- [TASK PROMPT]: I'd like the number of lines in the material below that include the word "ShortDicts", written with no other text.

- [SOURCE DATA]:
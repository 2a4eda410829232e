-- ===== src/Wrapper/SwitchLaws.antt =====
-- lib/wrapper.c: a change of the implementation leaves the stream with a state of the new one, or
-- with none.
use genwqe_user.Prelude.{
  ℕ, ◌≤◌, not, ◌||◌, Option, none, some, List, [], ◌∷◌, arith, length, length-take, leb, if-cases,
}
use genwqe_user.Hardware.Buffers.{Zstream}
use genwqe_user.Wrapper.Backend.{
  stream_error, Zrc, is_ok, Impl, is_hw, Backends, freed, Internal, Out,
}
use genwqe_user.Wrapper.Inflate
use genwqe_user.Wrapper.Switch.{Flow, stop, go}
use genwqe_user.Wrapper.Switch
use genwqe_user.Wrapper.Safety.{
  Sound, SoundState, Safe, dispatch-cases, set_dictionary-Safe, get_header-Safe, Ended,
  end_state-Ended, end-Safe, Inits, init_loop-Inits,
}

abbrev pub SafeFlow : {H Z : Type 0} → Option (Flow H Z) → Type 0
SafeFlow none = ⊥
SafeFlow (some (stop o)) = SoundState o.state
SafeFlow (some (go strm w)) = Sound w

-- Both implementations have dictionaries of at most 32 KiB.
pub record ShortDicts {H Z : Type 0} (b : Backends H Z) : Type 0 where
  pub of_hw : (x : H) → length (b.hw.inflate_get_dictionary x).1 ≤ 32768
  pub of_sw : (x : Z) → length (b.sw.inflate_get_dictionary x).1 ≤ 32768

module _ {H Z : Type 0} (b : Backends H Z) where
  flow_of-Safe :
      (o : Out H Z) (st : Option (Internal H Z))
      → SoundState o.state
      → SoundState st
      → SafeFlow (some (Switch.flow_of o st))
  flow_of-Safe o none s t = s
  flow_of-Safe o (some w) s t = t

  give_up-Safe :
      (rc : Zrc) (strm : Zstream) (st : Option (Internal H Z))
      → SoundState st
      → SafeFlow (Switch.give_up b rc strm st)
  give_up-Safe rc strm none s = tt
  give_up-Safe rc strm (some w) s = ended (Inflate.inflate_end b strm w) (end-Safe b strm w s)
    where
      ended :
          (r : Option (Out H Z))
          → Safe r
          → SafeFlow (elim r [ none ↦ none | some o ↦ some (stop (record o { rc = rc })) ])
      ended none t = t
      ended (some o) t = t

  dict_set-Safe : (r : Option (Out H Z)) → Safe r → SafeFlow (Switch.dict_set b r)
  dict_set-Safe none s = s
  dict_set-Safe (some o) s =
      if-cases SafeFlow (is_ok o.rc) (λ _. flow_of-Safe (record o { state = none }) o.state tt s)
        (λ _. give_up-Safe o.rc o.strm o.state s)

  restore_dict-Safe :
      (dict : List ℕ) (f : Flow H Z)
      → length dict ≤ 32768
      → SafeFlow (some f)
      → SafeFlow (Switch.restore_dict b dict f)
  restore_dict-Safe dict (stop o) h s = s
  restore_dict-Safe [] (go strm w) h s = s
  restore_dict-Safe (x ∷ xs) (go strm w) h s =
      dict_set-Safe _ (set_dictionary-Safe b (x ∷ xs) strm w h s)

  header_set-Safe :
      (dict : List ℕ) (r : Option (Out H Z))
      → length dict ≤ 32768
      → Safe r
      → SafeFlow (Switch.header_set b dict r)
  header_set-Safe dict none h s = s
  header_set-Safe dict (some o) h s =
      restore_dict-Safe dict _ h (flow_of-Safe (record o { state = none }) o.state tt s)

  restore_header-Safe :
      (dict : List ℕ) (head : Option ℕ) (strm : Zstream) (w : Internal H Z)
      → length dict ≤ 32768
      → Sound w
      → SafeFlow (Switch.restore_header b dict head strm w)
  restore_header-Safe dict none strm w h s = restore_dict-Safe dict (go strm w) h s
  restore_header-Safe dict (some head) strm w h s =
      header_set-Safe dict _ h (get_header-Safe b head strm w s)

  reopen-Safe :
      (t : Impl) (dict : List ℕ) (w : Internal H Z) (r : Option (Zrc × Zstream))
      → length dict ≤ 32768
      → w.dict_length ≤ 32768
      → Ended b r
      → SafeFlow (Switch.reopen b t dict w r)
  unfolding Switch.reopen Ended
  reopen-Safe t dict w none h l e = absurd e
  reopen-Safe t dict w (some (rc, s)) h l e =
      let i = Inflate.init_state b s (record w { impl = t; priv_data = freed }) in
      let v : Inits b i = init_loop-Inits b 2 stream_error s _ l in
      if-cases SafeFlow (not (is_ok rc)) (λ _. tt)
        (λ _.
          if-cases SafeFlow (not (is_ok i.1)) (λ _. tt)
            (λ x. restore_header-Safe dict i.2.gzhead i.0 i.2 h (v (ground arith))))

  abbrev pub ShortDict : Option (Zrc × List ℕ) → Type 0
  ShortDict none = ⊥
  ShortDict (some (rc, dict)) = length dict ≤ 32768

  pub get_dictionary-ShortDict :
      (w : Internal H Z) → ShortDicts b → Sound w → ShortDict (Inflate.inflate_get_dictionary b w)
  unfolding Inflate.inflate_get_dictionary
  get_dictionary-ShortDict w h s =
      if-cases ShortDict (is_hw w.impl || b.has_get_dictionary)
        (λ _.
          dispatch-cases ShortDict b.hw.inflate_get_dictionary b.sw.inflate_get_dictionary w.impl
            w.priv_data s.0 (λ x e. h.of_hw x) (λ x e. h.of_sw x))
        (λ _.
          if-cases ShortDict (leb w.dict_length 32768)
            (λ _.
              let z = length-take w.dict_length w.dictionary in let l = s.1 in omega (arith, z, l))
            (λ x. absurd (ground arith)))

  pub close_old-Safe :
      (t : Impl) (strm : Zstream) (w : Internal H Z) (r : Option (Zrc × List ℕ))
      → Sound w
      → ShortDict r
      → SafeFlow (Switch.close_old b t strm w r)
  unfolding Switch.close_old
  close_old-Safe t strm w none s h = h
  close_old-Safe t strm w (some (rc, dict)) s h =
      if-cases SafeFlow (not (is_ok rc)) (λ _. s)
        (λ _. reopen-Safe t dict w (Inflate.end_state b strm w) h s.1 (end_state-Ended b strm w s))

- [OUTPUT FOR THIS EXERCISE]: 2